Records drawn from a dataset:
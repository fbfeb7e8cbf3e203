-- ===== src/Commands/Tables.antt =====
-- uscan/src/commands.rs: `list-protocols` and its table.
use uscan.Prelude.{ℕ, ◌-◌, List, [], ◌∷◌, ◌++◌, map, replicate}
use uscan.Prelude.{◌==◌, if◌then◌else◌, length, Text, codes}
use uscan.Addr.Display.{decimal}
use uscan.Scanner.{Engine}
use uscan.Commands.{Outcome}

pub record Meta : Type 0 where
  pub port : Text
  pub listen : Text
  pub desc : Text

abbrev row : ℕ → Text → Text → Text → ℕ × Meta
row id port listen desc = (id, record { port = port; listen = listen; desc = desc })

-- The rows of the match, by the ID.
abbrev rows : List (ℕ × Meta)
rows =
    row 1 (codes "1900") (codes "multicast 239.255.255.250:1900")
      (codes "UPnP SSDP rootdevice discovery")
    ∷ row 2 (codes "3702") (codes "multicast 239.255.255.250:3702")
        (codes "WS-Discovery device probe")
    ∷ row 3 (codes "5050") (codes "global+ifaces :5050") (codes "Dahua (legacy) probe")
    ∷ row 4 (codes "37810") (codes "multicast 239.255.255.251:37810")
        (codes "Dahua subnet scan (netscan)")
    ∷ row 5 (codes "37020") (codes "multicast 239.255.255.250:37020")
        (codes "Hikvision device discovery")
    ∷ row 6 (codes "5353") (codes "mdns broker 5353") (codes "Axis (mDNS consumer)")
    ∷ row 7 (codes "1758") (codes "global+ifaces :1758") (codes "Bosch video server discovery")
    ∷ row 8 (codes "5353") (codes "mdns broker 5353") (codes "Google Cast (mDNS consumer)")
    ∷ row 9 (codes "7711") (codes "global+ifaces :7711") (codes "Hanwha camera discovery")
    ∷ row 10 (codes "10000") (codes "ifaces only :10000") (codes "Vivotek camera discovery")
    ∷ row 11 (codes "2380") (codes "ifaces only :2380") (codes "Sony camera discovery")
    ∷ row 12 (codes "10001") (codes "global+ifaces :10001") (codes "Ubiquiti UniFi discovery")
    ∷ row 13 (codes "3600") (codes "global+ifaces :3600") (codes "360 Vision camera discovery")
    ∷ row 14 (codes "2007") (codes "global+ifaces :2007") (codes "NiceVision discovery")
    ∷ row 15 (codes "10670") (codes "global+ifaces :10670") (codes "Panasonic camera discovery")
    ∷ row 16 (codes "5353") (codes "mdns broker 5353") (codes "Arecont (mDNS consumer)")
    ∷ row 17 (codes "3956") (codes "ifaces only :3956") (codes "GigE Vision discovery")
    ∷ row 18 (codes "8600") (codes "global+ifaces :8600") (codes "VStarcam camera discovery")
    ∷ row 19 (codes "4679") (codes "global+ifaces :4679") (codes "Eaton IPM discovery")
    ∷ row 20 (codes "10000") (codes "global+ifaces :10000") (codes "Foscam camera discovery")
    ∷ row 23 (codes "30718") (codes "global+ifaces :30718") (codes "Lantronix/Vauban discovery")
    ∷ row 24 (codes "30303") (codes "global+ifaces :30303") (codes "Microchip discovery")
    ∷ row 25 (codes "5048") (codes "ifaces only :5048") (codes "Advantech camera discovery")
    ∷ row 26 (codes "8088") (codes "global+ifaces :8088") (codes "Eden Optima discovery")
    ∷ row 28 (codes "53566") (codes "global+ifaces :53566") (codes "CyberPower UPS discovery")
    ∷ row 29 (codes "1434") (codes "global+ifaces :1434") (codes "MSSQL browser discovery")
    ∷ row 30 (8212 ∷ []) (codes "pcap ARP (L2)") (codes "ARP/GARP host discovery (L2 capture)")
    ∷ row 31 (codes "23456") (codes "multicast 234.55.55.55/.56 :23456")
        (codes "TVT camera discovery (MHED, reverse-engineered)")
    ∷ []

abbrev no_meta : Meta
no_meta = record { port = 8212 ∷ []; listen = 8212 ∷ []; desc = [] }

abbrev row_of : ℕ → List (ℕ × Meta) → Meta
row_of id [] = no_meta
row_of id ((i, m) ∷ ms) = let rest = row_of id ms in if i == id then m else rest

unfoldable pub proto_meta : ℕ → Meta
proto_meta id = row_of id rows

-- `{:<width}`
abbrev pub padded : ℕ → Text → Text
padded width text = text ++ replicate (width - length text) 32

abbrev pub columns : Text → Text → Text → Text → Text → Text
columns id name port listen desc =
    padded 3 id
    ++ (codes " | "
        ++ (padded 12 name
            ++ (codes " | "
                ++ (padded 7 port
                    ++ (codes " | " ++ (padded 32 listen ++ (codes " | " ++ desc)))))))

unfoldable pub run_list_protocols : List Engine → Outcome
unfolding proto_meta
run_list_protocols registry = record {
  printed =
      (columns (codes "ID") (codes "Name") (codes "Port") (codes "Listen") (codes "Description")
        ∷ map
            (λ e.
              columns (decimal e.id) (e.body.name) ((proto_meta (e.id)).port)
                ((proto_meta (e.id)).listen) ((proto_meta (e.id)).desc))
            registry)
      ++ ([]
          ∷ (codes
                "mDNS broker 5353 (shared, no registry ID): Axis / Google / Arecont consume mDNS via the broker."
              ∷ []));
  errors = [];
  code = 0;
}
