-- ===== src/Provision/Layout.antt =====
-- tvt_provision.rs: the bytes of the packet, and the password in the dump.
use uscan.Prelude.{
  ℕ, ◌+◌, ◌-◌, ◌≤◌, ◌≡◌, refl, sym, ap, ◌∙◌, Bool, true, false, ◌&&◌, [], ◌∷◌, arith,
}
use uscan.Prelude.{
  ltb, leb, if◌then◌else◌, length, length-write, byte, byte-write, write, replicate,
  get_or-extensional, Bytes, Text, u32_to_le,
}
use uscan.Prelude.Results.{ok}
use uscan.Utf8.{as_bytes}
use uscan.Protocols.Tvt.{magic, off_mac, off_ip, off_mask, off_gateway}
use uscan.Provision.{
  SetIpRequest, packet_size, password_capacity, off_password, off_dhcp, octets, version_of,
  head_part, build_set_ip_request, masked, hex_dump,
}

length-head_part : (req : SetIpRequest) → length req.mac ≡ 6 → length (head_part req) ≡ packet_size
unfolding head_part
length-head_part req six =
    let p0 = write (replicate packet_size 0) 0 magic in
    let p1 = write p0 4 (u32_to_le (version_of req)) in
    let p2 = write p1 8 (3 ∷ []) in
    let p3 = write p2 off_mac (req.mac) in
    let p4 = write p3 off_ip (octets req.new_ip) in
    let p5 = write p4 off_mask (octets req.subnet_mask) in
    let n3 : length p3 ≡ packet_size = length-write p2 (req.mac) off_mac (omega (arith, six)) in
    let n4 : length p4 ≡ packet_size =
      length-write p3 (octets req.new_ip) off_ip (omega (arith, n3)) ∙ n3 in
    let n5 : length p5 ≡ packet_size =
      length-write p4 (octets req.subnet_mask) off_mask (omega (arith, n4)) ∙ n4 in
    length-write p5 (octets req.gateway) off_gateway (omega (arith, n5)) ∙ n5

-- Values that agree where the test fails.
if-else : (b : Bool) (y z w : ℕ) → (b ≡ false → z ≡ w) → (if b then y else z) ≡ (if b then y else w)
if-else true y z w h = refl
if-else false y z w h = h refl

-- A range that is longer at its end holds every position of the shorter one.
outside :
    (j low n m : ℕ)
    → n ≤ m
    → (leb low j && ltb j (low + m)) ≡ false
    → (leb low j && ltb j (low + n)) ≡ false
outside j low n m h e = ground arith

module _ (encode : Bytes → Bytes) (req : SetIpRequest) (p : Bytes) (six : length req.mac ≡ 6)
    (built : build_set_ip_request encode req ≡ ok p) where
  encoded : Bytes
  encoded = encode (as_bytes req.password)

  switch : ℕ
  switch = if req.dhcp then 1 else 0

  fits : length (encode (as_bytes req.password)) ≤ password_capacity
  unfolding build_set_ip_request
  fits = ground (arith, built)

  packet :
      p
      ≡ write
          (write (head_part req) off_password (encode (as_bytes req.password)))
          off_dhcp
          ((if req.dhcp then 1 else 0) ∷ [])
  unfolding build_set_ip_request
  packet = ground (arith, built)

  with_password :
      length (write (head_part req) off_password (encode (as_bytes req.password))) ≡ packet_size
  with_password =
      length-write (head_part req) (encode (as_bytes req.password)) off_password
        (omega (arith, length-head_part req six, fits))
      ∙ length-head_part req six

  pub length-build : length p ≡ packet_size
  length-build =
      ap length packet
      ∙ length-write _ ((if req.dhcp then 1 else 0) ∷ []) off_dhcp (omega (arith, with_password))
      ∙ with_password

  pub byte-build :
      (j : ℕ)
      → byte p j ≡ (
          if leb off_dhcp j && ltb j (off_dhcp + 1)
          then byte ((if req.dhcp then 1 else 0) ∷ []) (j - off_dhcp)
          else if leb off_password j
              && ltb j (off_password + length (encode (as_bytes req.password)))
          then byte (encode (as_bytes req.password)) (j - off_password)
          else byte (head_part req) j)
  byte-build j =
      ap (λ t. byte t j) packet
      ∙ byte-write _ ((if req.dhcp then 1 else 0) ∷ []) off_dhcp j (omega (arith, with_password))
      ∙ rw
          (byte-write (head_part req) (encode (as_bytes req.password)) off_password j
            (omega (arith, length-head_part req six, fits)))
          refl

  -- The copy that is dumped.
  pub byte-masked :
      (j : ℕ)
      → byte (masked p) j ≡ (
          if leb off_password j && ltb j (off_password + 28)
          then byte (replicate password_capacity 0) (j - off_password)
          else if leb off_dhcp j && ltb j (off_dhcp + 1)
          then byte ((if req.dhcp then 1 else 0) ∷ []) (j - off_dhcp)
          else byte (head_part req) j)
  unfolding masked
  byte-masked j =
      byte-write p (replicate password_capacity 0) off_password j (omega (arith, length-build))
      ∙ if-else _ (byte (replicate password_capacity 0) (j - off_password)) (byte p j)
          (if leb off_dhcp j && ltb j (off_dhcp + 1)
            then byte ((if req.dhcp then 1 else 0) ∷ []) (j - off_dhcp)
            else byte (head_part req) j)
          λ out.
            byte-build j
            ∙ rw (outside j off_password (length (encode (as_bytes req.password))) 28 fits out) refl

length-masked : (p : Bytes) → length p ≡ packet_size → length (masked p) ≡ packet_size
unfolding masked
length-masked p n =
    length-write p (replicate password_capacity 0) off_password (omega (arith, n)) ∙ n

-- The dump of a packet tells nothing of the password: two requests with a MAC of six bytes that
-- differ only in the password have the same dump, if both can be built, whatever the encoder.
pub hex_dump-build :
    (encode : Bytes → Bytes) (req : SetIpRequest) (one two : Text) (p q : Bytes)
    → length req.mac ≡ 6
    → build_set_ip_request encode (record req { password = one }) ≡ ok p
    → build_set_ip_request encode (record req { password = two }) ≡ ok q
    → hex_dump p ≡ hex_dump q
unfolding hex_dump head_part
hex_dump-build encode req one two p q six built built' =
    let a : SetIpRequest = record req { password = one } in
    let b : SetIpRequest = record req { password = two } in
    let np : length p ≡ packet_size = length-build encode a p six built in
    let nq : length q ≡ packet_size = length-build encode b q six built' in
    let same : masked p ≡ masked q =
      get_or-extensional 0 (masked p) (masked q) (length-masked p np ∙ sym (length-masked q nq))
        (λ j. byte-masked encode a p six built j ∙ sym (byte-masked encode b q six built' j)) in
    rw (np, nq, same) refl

--

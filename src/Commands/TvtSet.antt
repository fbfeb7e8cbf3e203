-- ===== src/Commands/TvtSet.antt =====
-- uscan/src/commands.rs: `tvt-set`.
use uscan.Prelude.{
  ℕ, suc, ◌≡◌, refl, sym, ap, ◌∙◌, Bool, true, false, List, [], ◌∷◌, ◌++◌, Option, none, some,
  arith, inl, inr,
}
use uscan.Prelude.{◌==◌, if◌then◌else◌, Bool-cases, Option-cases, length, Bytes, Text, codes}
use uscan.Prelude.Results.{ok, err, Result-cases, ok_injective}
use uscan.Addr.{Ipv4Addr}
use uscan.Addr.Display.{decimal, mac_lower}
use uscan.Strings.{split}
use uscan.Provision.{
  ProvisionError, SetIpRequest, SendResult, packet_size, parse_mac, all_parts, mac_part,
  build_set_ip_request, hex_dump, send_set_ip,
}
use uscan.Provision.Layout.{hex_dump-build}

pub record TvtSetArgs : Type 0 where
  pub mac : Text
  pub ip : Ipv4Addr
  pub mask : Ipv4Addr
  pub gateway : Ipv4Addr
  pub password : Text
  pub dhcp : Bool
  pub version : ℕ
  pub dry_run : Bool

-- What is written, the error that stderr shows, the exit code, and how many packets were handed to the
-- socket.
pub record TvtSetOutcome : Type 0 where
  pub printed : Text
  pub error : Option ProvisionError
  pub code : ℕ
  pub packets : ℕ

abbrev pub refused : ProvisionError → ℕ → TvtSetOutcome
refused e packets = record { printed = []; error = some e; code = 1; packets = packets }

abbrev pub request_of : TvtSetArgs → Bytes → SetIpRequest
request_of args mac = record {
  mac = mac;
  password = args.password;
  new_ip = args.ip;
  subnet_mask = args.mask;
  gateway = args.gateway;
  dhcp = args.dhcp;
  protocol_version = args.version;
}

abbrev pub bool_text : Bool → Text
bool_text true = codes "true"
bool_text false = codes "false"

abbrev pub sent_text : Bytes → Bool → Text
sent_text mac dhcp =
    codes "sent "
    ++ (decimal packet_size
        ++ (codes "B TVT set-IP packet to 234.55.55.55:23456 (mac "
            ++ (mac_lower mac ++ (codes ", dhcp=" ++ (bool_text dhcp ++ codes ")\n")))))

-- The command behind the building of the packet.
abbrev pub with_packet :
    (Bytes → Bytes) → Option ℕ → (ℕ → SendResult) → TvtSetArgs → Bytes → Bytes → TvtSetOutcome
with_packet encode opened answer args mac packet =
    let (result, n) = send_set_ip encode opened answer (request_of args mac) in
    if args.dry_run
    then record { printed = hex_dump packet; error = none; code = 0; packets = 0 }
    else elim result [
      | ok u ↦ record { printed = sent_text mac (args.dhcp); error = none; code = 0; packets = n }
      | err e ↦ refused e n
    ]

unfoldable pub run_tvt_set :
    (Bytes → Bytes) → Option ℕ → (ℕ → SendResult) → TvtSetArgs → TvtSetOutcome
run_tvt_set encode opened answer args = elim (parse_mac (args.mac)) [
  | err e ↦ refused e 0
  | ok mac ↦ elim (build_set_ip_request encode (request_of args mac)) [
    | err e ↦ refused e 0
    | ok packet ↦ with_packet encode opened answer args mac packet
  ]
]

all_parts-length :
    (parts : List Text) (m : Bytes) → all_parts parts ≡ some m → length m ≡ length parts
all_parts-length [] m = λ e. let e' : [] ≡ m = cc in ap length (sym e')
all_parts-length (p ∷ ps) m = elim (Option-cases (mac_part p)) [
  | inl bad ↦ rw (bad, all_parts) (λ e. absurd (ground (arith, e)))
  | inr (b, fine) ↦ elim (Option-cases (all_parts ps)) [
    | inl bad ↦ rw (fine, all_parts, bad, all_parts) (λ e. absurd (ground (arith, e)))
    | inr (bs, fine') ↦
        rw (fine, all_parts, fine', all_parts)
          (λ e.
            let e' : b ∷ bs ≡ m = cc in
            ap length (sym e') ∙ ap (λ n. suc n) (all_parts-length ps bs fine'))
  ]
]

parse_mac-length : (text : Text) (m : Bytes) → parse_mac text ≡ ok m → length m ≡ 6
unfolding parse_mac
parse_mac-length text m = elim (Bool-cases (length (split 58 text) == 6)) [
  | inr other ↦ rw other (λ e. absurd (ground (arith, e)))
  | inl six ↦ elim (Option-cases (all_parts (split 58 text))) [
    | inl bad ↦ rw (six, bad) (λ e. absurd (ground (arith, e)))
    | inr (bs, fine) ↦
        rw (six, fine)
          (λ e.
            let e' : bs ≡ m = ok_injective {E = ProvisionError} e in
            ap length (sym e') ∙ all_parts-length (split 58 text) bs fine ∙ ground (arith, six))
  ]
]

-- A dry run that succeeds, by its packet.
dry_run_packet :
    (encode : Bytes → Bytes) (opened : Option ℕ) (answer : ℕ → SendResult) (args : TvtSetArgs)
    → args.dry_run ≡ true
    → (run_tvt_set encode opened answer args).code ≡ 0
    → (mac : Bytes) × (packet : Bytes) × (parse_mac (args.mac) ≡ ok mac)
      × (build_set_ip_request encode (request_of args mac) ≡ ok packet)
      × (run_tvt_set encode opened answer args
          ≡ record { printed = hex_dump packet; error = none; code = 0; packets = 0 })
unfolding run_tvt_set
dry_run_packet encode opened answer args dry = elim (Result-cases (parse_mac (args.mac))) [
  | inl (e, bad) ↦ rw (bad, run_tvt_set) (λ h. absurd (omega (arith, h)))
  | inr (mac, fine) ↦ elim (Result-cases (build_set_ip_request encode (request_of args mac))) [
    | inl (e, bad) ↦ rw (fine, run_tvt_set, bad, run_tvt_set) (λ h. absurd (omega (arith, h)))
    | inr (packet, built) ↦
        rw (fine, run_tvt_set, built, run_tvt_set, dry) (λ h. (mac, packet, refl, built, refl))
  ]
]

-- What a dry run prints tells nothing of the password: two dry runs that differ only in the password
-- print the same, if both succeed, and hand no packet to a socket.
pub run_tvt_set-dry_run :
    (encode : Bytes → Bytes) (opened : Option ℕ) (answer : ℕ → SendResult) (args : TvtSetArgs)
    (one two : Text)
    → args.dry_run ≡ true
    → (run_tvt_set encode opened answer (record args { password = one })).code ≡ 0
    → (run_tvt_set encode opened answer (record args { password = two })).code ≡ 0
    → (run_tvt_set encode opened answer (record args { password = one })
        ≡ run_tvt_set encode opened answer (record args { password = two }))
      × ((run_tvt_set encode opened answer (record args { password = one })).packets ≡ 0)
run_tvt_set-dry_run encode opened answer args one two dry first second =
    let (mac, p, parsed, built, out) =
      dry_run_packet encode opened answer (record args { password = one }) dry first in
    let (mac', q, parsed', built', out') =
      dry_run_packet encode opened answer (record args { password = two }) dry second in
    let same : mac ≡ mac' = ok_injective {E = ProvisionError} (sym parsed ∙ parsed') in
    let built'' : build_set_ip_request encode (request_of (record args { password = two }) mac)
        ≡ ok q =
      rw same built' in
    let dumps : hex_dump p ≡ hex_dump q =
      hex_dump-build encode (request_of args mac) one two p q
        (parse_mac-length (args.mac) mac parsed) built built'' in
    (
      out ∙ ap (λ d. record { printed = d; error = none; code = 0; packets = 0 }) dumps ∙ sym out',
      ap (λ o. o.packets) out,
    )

Task requirements:
Please copy, exactly and with nothing else, the lines above beginning at the line that has "-- ===== src/Commands/Tables.antt" and ending with the line that has "pub record Meta : Type 0 where".

Solution to this problem:
-- ===== src/Commands/Tables.antt =====
-- uscan/src/commands.rs: `list-protocols` and its table.
use uscan.Prelude.{ℕ, ◌-◌, List, [], ◌∷◌, ◌++◌, map, replicate}
use uscan.Prelude.{◌==◌, if◌then◌else◌, length, Text, codes}
use uscan.Addr.Display.{decimal}
use uscan.Scanner.{Engine}
use uscan.Commands.{Outcome}

pub record Meta : Type 0 where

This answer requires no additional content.